Jaguar’s top sedans come in two sizes. The base XJ8 and XJR models ride a 113-inch wheelbase and measure 197.8 inches long overall. The Vanden Plas and Super V8 sedans are 4.9 inches longer in both dimensions, and both versions are 81.7 inches wide. Styling is highlighted by a long, low profile, with four round headlights and the signature Jaguar vertical-bar grille up front. Alloy wheels hold standard 16-inch tires, but larger tires are installed on higher-end models. A power sunroof tops the long list of standard equipment, which includes front and rear fog lamps.

High-grade leather and generous amounts of burl walnut wood trim combine to create an elegant motoring abode for five occupants, who also benefit from quite an array of comfort and convenience features. Most of the extra length on the long-wheelbase models is evident in the backseat, which qualifies as huge compared to standard-size XJs. Adults actually have room to cross their legs in the back of a stretched sedan, and wider rear doors ease entry and exit.

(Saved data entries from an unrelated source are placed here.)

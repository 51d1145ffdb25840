-- ===== src/OrderDomain/Canonical.antt =====
-- Canonical identifiers of src/lib/order-domain.ts.
use phlebas.Base.{
  ℕ, ◌≡◌, refl, ◌↔◌, true, [], ◌∷◌, map, ok, Yields, arith, length, Bool-cases, inl, inr, ◌∙◌,
}
use phlebas.Base.Text.{all_in, is_lower_hex}
use phlebas.OrderDomain.{Text, same_text, is_hex, lower, is_hex_bytes, normalize_hex32}

pub same_text_iff : (s t : Text) → (same_text s t ≡ true) ↔ (s ≡ t)
unfolding same_text
same_text_iff [] [] = (λ h. refl, λ h. refl)
same_text_iff [] (d ∷ ds) = (λ h. cc, λ h. cc)
same_text_iff (c ∷ cs) [] = (λ h. cc, λ h. cc)
same_text_iff (c ∷ cs) (d ∷ ds) = ground (arith, same_text_iff cs ds)

lower_hex :
    (c : ℕ)
    → is_hex c ≡ true
    → (is_hex (lower c) ≡ true) × (is_lower_hex (lower c) ≡ true) × (lower (lower c) ≡ lower c)
lower_hex c h = ground arith

all_in-lower :
    (cs : Text)
    → all_in is_hex cs ≡ true
    → (all_in is_hex (map lower cs) ≡ true)
      × (all_in is_lower_hex (map lower cs) ≡ true)
      × (map lower (map lower cs) ≡ map lower cs)
      × (length (map lower cs) ≡ length cs)
unfolding all_in
all_in-lower [] h = (refl, refl, refl, refl)
all_in-lower (c ∷ cs) h = ground (arith, all_in-lower cs, lower_hex c)

-- `0x`, and `n` lower-case hexadecimal digits.
pub record IsLowerHex (n : ℕ) (t : Text) : Type 0 where
  pub digits : Text
  pub shape : t ≡ b'0' ∷ b'x' ∷ digits
  pub in_class : all_in is_lower_hex digits ≡ true
  pub count : length digits ≡ n

is_hex_bytes-IsLowerHex : (n : ℕ) (t : Text) → is_hex_bytes n t ≡ true → IsLowerHex n (map lower t)
unfolding is_hex_bytes
is_hex_bytes-IsLowerHex n (z ∷ x ∷ ds) h =
    let parts : (z ≡ b'0') × (x ≡ b'x') × (all_in is_hex ds ≡ true) × (length ds ≡ n) =
      ground arith in
    let (z0, x0, class, count) = parts in
    let (_, low, _, same) = all_in-lower ds class in
    record { digits = map lower ds; shape = rw (z0, x0) refl; in_class = low; count = same ∙ count }
is_hex_bytes-IsLowerHex n [] h = cc
is_hex_bytes-IsLowerHex n (z ∷ []) h = cc

is_hex_bytes-lower :
    (n : ℕ) (t : Text)
    → is_hex_bytes n t ≡ true
    → (is_hex_bytes n (map lower t) ≡ true) × (map lower (map lower t) ≡ map lower t)
unfolding is_hex_bytes
is_hex_bytes-lower n (z ∷ x ∷ ds) h = ground (arith, all_in-lower ds)
is_hex_bytes-lower n [] h = cc
is_hex_bytes-lower n (z ∷ []) h = cc

-- A normalized identifier is the value that was given with its upper-case letters lowered: `0x` and
-- 64 lower-case hexadecimal digits. It is returned, unchanged, when it is normalized again.
pub normalize_hex32-normalize_hex32 :
    (t : Text)
    → Yields
        (λ u. IsLowerHex 64 u × (u ≡ map lower t) × (normalize_hex32 u ≡ ok u))
        (normalize_hex32 t)
unfolding normalize_hex32
normalize_hex32-normalize_hex32 t = elim (Bool-cases (is_hex_bytes 64 t)) [
  | inl e ↦
      let (valid, same) = is_hex_bytes-lower 64 t e in
      simp e (is_hex_bytes-IsLowerHex 64 t e, refl, rw (valid, same) refl)
  | inr e ↦ simp e tt
]
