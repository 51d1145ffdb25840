-- ===== src/Lifecycle/Effects.antt =====
-- What the operations of src/lib/order-lifecycle.ts have done where they return.
use phlebas.Base.{
  ℕ, ◌≡◌, refl, sym, ap, subst, ◌∙◌, ◌<◌, true, false, not, some, Result, ok, ◌>>◌, throw_if, ltb,
  leb, ◌==◌, uint64_max, arith, >>=-returned, >>-returned, throw_if-returned, ok-injective,
}
use phlebas.OrderDomain.{Text, same_text, TypedOrderIntent, normalize_hex32}
use phlebas.OrderDomain.Canonical.{same_text_iff, normalize_hex32-normalize_hex32}
use phlebas.Lifecycle.{
  NonceKey, same_key, OrderLifecycleState, put, number_or_zero, is_present, active_account_epoch,
  order_nonce_key, claimed, claim_key, cancel_order_nonce, advance_account_epoch, claim_order_nonce,
}

pub same_text_refl : (t : Text) → same_text t t ≡ true
same_text_refl t = (same_text_iff t t).1 refl

pub same_key_refl : (k : NonceKey) → same_key k k ≡ true
unfolding same_key
same_key_refl k = ground (arith, same_text_refl k.account)

-- The account's epoch, by its normal name.
abbrev pub epoch_of : OrderLifecycleState → Text → ℕ
epoch_of s account = number_or_zero (s.account_epochs account)

pub record Cancelled (s t : OrderLifecycleState) (account_id : Text) (epoch nonce : ℕ)
    : Type 0 where
  pub key : NonceKey
  pub named : order_nonce_key account_id epoch nonce ≡ ok key
  pub made : record s { cancelled_nonce_keys = put same_key s.cancelled_nonce_keys key true } ≡ t

pub cancel_order_nonce-Cancelled :
    (s t : OrderLifecycleState) (account_id : Text) (epoch nonce : ℕ)
    → cancel_order_nonce s account_id epoch nonce ≡ ok t
    → Cancelled s t account_id epoch nonce
unfolding cancel_order_nonce
cancel_order_nonce-Cancelled s t account_id epoch nonce h =
    let (key, named, h1) = >>=-returned (order_nonce_key account_id epoch nonce) _ _ h in
    let (current, a, h2) = >>=-returned (active_account_epoch s account_id) _ _ h1 in
    let (guard, made) = >>-returned (throw_if (not (epoch == current)) _) _ _ h2 in
    record { key = key; named = named; made = ok-injective made }

pub record Advanced (s t : OrderLifecycleState) (account_id : Text) (next : ℕ) : Type 0 where
  pub account : Text
  pub named : normalize_hex32 account_id ≡ ok account
  pub grows : epoch_of s account < next
  pub made : record s { account_epochs = put same_text s.account_epochs account (some next) } ≡ t

normal_twice :
    (account_id account : Text)
    → normalize_hex32 account_id ≡ ok account
    → normalize_hex32 account ≡ ok account
normal_twice account_id account n =
    let twice = normalize_hex32-normalize_hex32 account_id in let parts = rw n at twice in parts.2

-- The epoch of an account that is normal already.
active_account_epoch-normal :
    (s : OrderLifecycleState) (account_id account : Text) (current : ℕ)
    → normalize_hex32 account_id ≡ ok account
    → active_account_epoch s account ≡ ok current
    → epoch_of s account ≡ current
unfolding active_account_epoch
active_account_epoch-normal s account_id account current n h =
    let (again, m, e) = >>=-returned (normalize_hex32 account) _ _ h in
    let same : again ≡ account = ok-injective (sym m ∙ normal_twice account_id account n) in
    subst (λ a. epoch_of s a ≡ current) same (ok-injective e)

pub advance_account_epoch-Advanced :
    (s t : OrderLifecycleState) (account_id : Text) (next : ℕ)
    → advance_account_epoch s account_id next ≡ ok t
    → Advanced s t account_id next
unfolding advance_account_epoch
advance_account_epoch-Advanced s t account_id next h =
    let (account, e, h1) =
      >>=-returned (throw_if (ltb uint64_max next) _ >> normalize_hex32 account_id) _ _ h in
    let (fits, named) = >>-returned (throw_if (ltb uint64_max next) _) _ _ e in
    let (current, a, h2) = >>=-returned (active_account_epoch s account) _ _ h1 in
    let (guard, made) = >>-returned (throw_if (leb next current) _) _ _ h2 in
    let more = throw_if-returned (leb next current) _ guard in
    let same = active_account_epoch-normal s account_id account current named a in
    record { account = account; named = named; grows = ground arith; made = ok-injective made }

module _ (hash_order_struct : TypedOrderIntent → Result Text) where
  pub record Claimed (s t : OrderLifecycleState) (order_hash : Text) (order : TypedOrderIntent)
      : Type 0 where
    pub hash : Text
    pub named : normalize_hex32 order_hash ≡ ok hash
    pub struct_hash : Text
    pub hashed : hash_order_struct order ≡ ok struct_hash
    pub key : NonceKey
    pub keyed : order_nonce_key order.maker_account_id order.account_epoch order.nonce ≡ ok key
    pub current : active_account_epoch s order.maker_account_id ≡ ok order.account_epoch
    pub open_key : s.cancelled_nonce_keys key ≡ false
    pub new_hash : s.accepted_order_hashes hash ≡ false
    pub new_key : is_present (s.nonce_claims key) ≡ false
    pub made : claimed s hash struct_hash key ≡ t

  pub claim_order_nonce-Claimed :
      (s t : OrderLifecycleState) (order_hash : Text) (order : TypedOrderIntent)
      → claim_order_nonce hash_order_struct s order_hash order ≡ ok t
      → Claimed s t order_hash order
  unfolding claim_order_nonce claim_key
  claim_order_nonce-Claimed s t order_hash order h =
      let (hash, named, h1) = >>=-returned (normalize_hex32 order_hash) _ _ h in
      let (struct_hash, hashed, h2) = >>=-returned (hash_order_struct order) _ _ h1 in
      let (key, keyed, h3) =
        >>=-returned (order_nonce_key order.maker_account_id order.account_epoch order.nonce) _ _
          h2 in
      let (epoch, a, h4) = >>=-returned (active_account_epoch s order.maker_account_id) _ _ h3 in
      let (guard, h5) = >>-returned (throw_if (not (order.account_epoch == epoch)) _) _ _ h4 in
      let is_current = throw_if-returned (not (order.account_epoch == epoch)) _ guard in
      let same : epoch ≡ order.account_epoch = ground arith in
      let (guards, made) = >>-returned _ (ok (claimed s hash struct_hash key)) _ h5 in
      let (g1, g2) = >>-returned _ (throw_if (is_present (s.nonce_claims key)) _) _ guards in
      let (g3, g4) = >>-returned (throw_if (s.cancelled_nonce_keys key) _) _ _ g1 in
      record {
        hash = hash;
        named = named;
        struct_hash = struct_hash;
        hashed = hashed;
        key = key;
        keyed = keyed;
        current = a ∙ ap ok same;
        open_key = throw_if-returned (s.cancelled_nonce_keys key) _ g3;
        new_hash = throw_if-returned (s.accepted_order_hashes hash) _ g4;
        new_key = throw_if-returned (is_present (s.nonce_claims key)) _ g2;
        made = ok-injective made;
      }
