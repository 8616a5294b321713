-- ===== src/Pages/Dashboard.antt =====
-- frontend/src/pages/DashboardPage.tsx: the two fetches of the first effect, the endpoint prover, the
-- badges of the recent events.
pub mod Overview
pub mod Cards
pub mod Screen
use nexus_cloud_identity_acc.Common.{
  ℕ, String, Bool, true, false, Option, none, some, List, [], ◌∷◌, ◌||◌, ◌+s◌, nat_eq, or_else,
  str_includes, truthy, if◌then◌else◌, map,
}
use nexus_cloud_identity_acc.Browser.{
  Thrown, error_of, other_value, Result, ok, thrown, Network, Env, DemoResponse, UsersResponse,
  ◌>>=◌,
}
use nexus_cloud_identity_acc.Types.{AuditEvent, AuditListResponse}
use nexus_cloud_identity_acc.Api
use nexus_cloud_identity_acc.Pages.Audit.{text_or}

-- `status: number | string`, shown after "HTTP"
pub record TestResult : Type 0 where
  pub endpoint : String
  pub status : String
  pub message : String
  pub success : Bool

pub record DashboardPage : Type 0 where
  pub audit_events : List AuditEvent
  pub total_users : ℕ
  pub test_result : Option TestResult
  pub is_testing : Bool

unfoldable pub dashboard_page : DashboardPage
dashboard_page = record {
  audit_events = [];
  total_users = 4;
  test_result = none;
  is_testing = false;
}

-- a `try` with an empty `catch`
unfoldable pub audit_arrived : Result AuditListResponse → DashboardPage → DashboardPage
audit_arrived (ok res) p = record p { audit_events = or_else res.events [] }
audit_arrived (thrown e) p = p

-- `usersRes.count || 4`
abbrev count_or : Option ℕ → ℕ
count_or none = 4
count_or (some n) = if nat_eq n 0 then 4 else n

unfoldable pub users_arrived : Result UsersResponse → DashboardPage → DashboardPage
users_arrived (ok res) p = record p { total_users = count_or res.count }
users_arrived (thrown e) p = p

pub data Endpoint : Type 0 where
  admin_only user_or_admin : Endpoint

abbrev pub endpoint_name : Endpoint → String
endpoint_name admin_only = "GET /api/v1/admin-only"
endpoint_name user_or_admin = "GET /api/v1/user-or-admin"

unfoldable pub test_started : DashboardPage → DashboardPage
test_started p = record p { is_testing = true; test_result = none }

unfoldable pub test_ended : Endpoint → Result DemoResponse → DashboardPage → DashboardPage
test_ended k (ok res) p = record p {
  test_result = some (record {
    endpoint = endpoint_name k;
    status = "200";
    message = res.message +s " (Authenticated as " +s res.user +s ", role: " +s res.role +s ")";
    success = true;
  });
  is_testing = false;
}
test_ended k (thrown (error_of m)) p = record p {
  test_result =
      some
        (record { endpoint = endpoint_name k; status = "403 / 401"; message = m; success = false });
  is_testing = false;
}
test_ended k (thrown other_value) p = record p { is_testing = false }

module _ {W : Type 0} (net : Network W) where
  unfoldable pub fetch_data : DashboardPage → Env W → DashboardPage × Env W
  unfolding audit_arrived users_arrived
  fetch_data p env =
      let (r, env1) = (Api.list_audit_logs net 1 6 >>= Api.not_null) env in
      let (q, env2) = (Api.list_users net >>= Api.not_null) env1 in
      (users_arrived q (audit_arrived r p), env2)

  unfoldable pub call_endpoint : Endpoint → Env W → Result DemoResponse × Env W
  call_endpoint admin_only = Api.get_admin_only net >>= Api.not_null
  call_endpoint user_or_admin = Api.get_user_or_admin net >>= Api.not_null

  unfoldable pub test_endpoint : Endpoint → DashboardPage → Env W → DashboardPage × Env W
  unfolding test_started test_ended call_endpoint
  test_endpoint k p env =
      let (r, env') = call_endpoint k env in (test_ended k r (test_started p), env')

unfoldable pub event_badge : String → String
event_badge action =
    if str_includes action "SUCCESS"
      || str_includes action "GRANTED"
      || str_includes action "REGISTERED"
    then "badge-green"
    else if str_includes action "DENIED"
        || str_includes action "FAILED"
        || str_includes action "RATE_LIMIT"
    then "badge-red"
    else "badge-blue"

pub record EventRow : Type 0 where
  pub badge : String
  pub action : String
  pub resource : String
  pub ip : String
  pub timestamp : String

unfoldable pub event_row : (String → String) → AuditEvent → EventRow
unfolding event_badge
event_row local_time e = record {
  badge = event_badge e.action;
  action = e.action;
  resource = text_or e.resource (λ s. s) (text_or e.user_id (λ s. s) "system");
  ip = text_or e.ip_address (λ s. s) "127.0.0.1";
  timestamp = local_time e.timestamp;
}
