-- ===== src/Backend/Routes/Requests.antt =====
-- The requests that each page sends when it opens, before the routes of the server.
use nexus_cloud_identity_acc.Common.{
  String, Bool, true, false, Option, none, some, List, [], ◌∷◌, ◌++◌, ◌==◌, ◌||◌, not, any, is_some,
  show, ◌≡◌, refl,
}
use nexus_cloud_identity_acc.Browser.{Network, Env, HttpRequest, rejected, error_of}
use nexus_cloud_identity_acc.Types.{Role, super_admin, admin, security_manager, analyst, role_name}
use nexus_cloud_identity_acc.Shell.Guard.{
  Page, login, register, dashboard, applications, policies, security, settings, users, roles, audit,
}
use nexus_cloud_identity_acc.Shell.Guard.Access.{may_view}
use nexus_cloud_identity_acc.Api.{request, request_for}
use nexus_cloud_identity_acc.Api
use nexus_cloud_identity_acc.Pages.Users.{users_page, fetch_users}
use nexus_cloud_identity_acc.Pages.Audit.{audit_page, fetch_logs}
use nexus_cloud_identity_acc.Pages.Policies.{policies_page, fetch_policies}
use nexus_cloud_identity_acc.Pages.Dashboard.{dashboard_page, fetch_data}
use nexus_cloud_identity_acc.Backend.Gates.{lets_in}
use nexus_cloud_identity_acc.Backend.Routes.{route_for, gate_for}

-- A network that keeps the requests and answers none.
abbrev pub recorder : Network (List HttpRequest)
recorder = record { fetch = λ r req sent. (rejected (error_of "offline"), sent ++ req ∷ []) }

abbrev pub tab : Option String → Env (List HttpRequest)
tab token = record { world = []; storage = token; token = token }

-- what the first effect of a page sends
unfoldable pub first_requests : Option String → Page → List HttpRequest
unfolding fetch_users fetch_logs fetch_policies fetch_data users_page audit_page policies_page
    dashboard_page
first_requests token users = (fetch_users recorder users_page (tab token)).1.world
first_requests token audit = (fetch_logs recorder audit_page.page audit_page (tab token)).1.world
first_requests token policies = (fetch_policies recorder policies_page (tab token)).1.world
first_requests token dashboard = (fetch_data recorder dashboard_page (tab token)).1.world
first_requests token _ = []

abbrev pub is_served : Role → HttpRequest → Bool
is_served r req = elim (gate_for req (some r)) [ none ↦ false | some g ↦ lets_in g ]

-- whether the server lets all of them through
abbrev pub all_served : Role → List HttpRequest → Bool
all_served r reqs = not (any (λ req. not (is_served r req)) reqs)

abbrev pub all_declared : List HttpRequest → Bool
all_declared reqs = not (any (λ req. not (is_some (route_for req))) reqs)

-- The dashboard is served in full to the administrators, the audit page to all who may open it but the
-- analysts, and every other page to whoever may open it.
abbrev pub in_full : Page → Role → Bool
in_full dashboard r = role_name r == "super_admin" || role_name r == "admin"
in_full audit r = not (role_name r == "analyst")
in_full _ r = true

Served : Option String → Role → Page → Type 0
Served token r p =
    (all_declared (first_requests token p) ≡ true)
    × (all_served r (first_requests token p) ≡ in_full p r)

dashboard_case : (token : Option String) (r : Role) → Served token r dashboard
unfolding Served first_requests gate_for request Api.list_users Api.list_audit_logs show
dashboard_case token super_admin = (refl, refl)
dashboard_case token _ = (refl, refl)

audit_case : (token : Option String) (r : Role) → may_view r audit ≡ true → Served token r audit
unfolding Served first_requests gate_for request Api.list_audit_logs show
audit_case token super_admin h = (refl, refl)
audit_case token admin h = (refl, refl)
audit_case token security_manager h = (refl, refl)
audit_case token analyst h = (refl, refl)
audit_case token _ h = cc

policies_case : (token : Option String) (r : Role) → Served token r policies
unfolding Served first_requests gate_for request Api.list_policies
policies_case token super_admin = (refl, refl)
policies_case token _ = (refl, refl)

users_case : (token : Option String) (r : Role) → may_view r users ≡ true → Served token r users
unfolding Served first_requests gate_for request Api.list_users
users_case token super_admin h = (refl, refl)
users_case token admin h = (refl, refl)
users_case token _ h = cc

-- Every request that a page sends when it opens for a role has a route of the server. For the pages that
-- the role may open, the server's gates let all of them through, except that the dashboard's are
-- let through in full for admin and super_admin only, and the audit page's not for analyst.
pub first_requests-served :
    (token : Option String) (r : Role) (p : Page)
    → may_view r p ≡ true
    → (all_declared (first_requests token p) ≡ true)
      × (all_served r (first_requests token p) ≡ in_full p r)
unfolding Served
first_requests-served token r dashboard h = dashboard_case token r
first_requests-served token r audit h = audit_case token r h
first_requests-served token r policies h = policies_case token r
first_requests-served token r users h = users_case token r h
first_requests-served token r login h = unfold first_requests in (refl, refl)
first_requests-served token r register h = unfold first_requests in (refl, refl)
first_requests-served token r applications h = unfold first_requests in (refl, refl)
first_requests-served token r security h = unfold first_requests in (refl, refl)
first_requests-served token r settings h = unfold first_requests in (refl, refl)
first_requests-served token r roles h = unfold first_requests in (refl, refl)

In base form, the XJ8 includes a six-CD changer, three-position memory system, 12-way power front seats, rain-sensing windshield wipers, automatic climate control and a remote keyless entry system with an immobilizer. Posh comforts in Vanden Plas and Super V8 sedans include a wood and leather-wrapped steering wheel, premium Connolly Autolux Recaro leather upholstery, lamb’s wool floormats and burl walnut wood trim inlaid with Peruvian boxwood. Jaguar’s traditional walnut picnic trays fold out from the front seatbacks.

Cargo capacity is a meager 13 cubic feet for all models, though the trunk is squarely shaped. A standard reverse parking control system utilizes sensors in the rear bumper to detect when the car is close to hitting an object at the rear, which then sound an audible warning.

Under the Hood
Jaguar’s 4.0-liter V-8 engine teams with a five-speed-automatic transmission and is rated at 290 horsepower in the XJ8 and Vanden Plas models. In the sporty XJR and Super V8, the supercharged 4.0-liter V-8 cranks out 370 hp. Traction control, antilock brakes and side-impact airbags for the front seats are standard on all models.

Driving Impressions
Piloting an XJ is a memorable experience all of its own — and it becomes all the more so if it’s the extra-elegant Vanden Plas, which is one sweet motorcar. Few automobiles come across as smoother on the road, more refined overall or more luxurious in texture and detail. For buyers who appreciate owning an exquisite machine, these top Jaguars are almost worth their breathtakingly high prices.

After a momentary delay at start-up, the Vanden Plas bounds ahead with surprising haste for such a heavyweight, even if it’s not packing the supercharged engine. Passing and merging situations are handled with refined ease, and the automatic transmission reacts with exceptional smoothness.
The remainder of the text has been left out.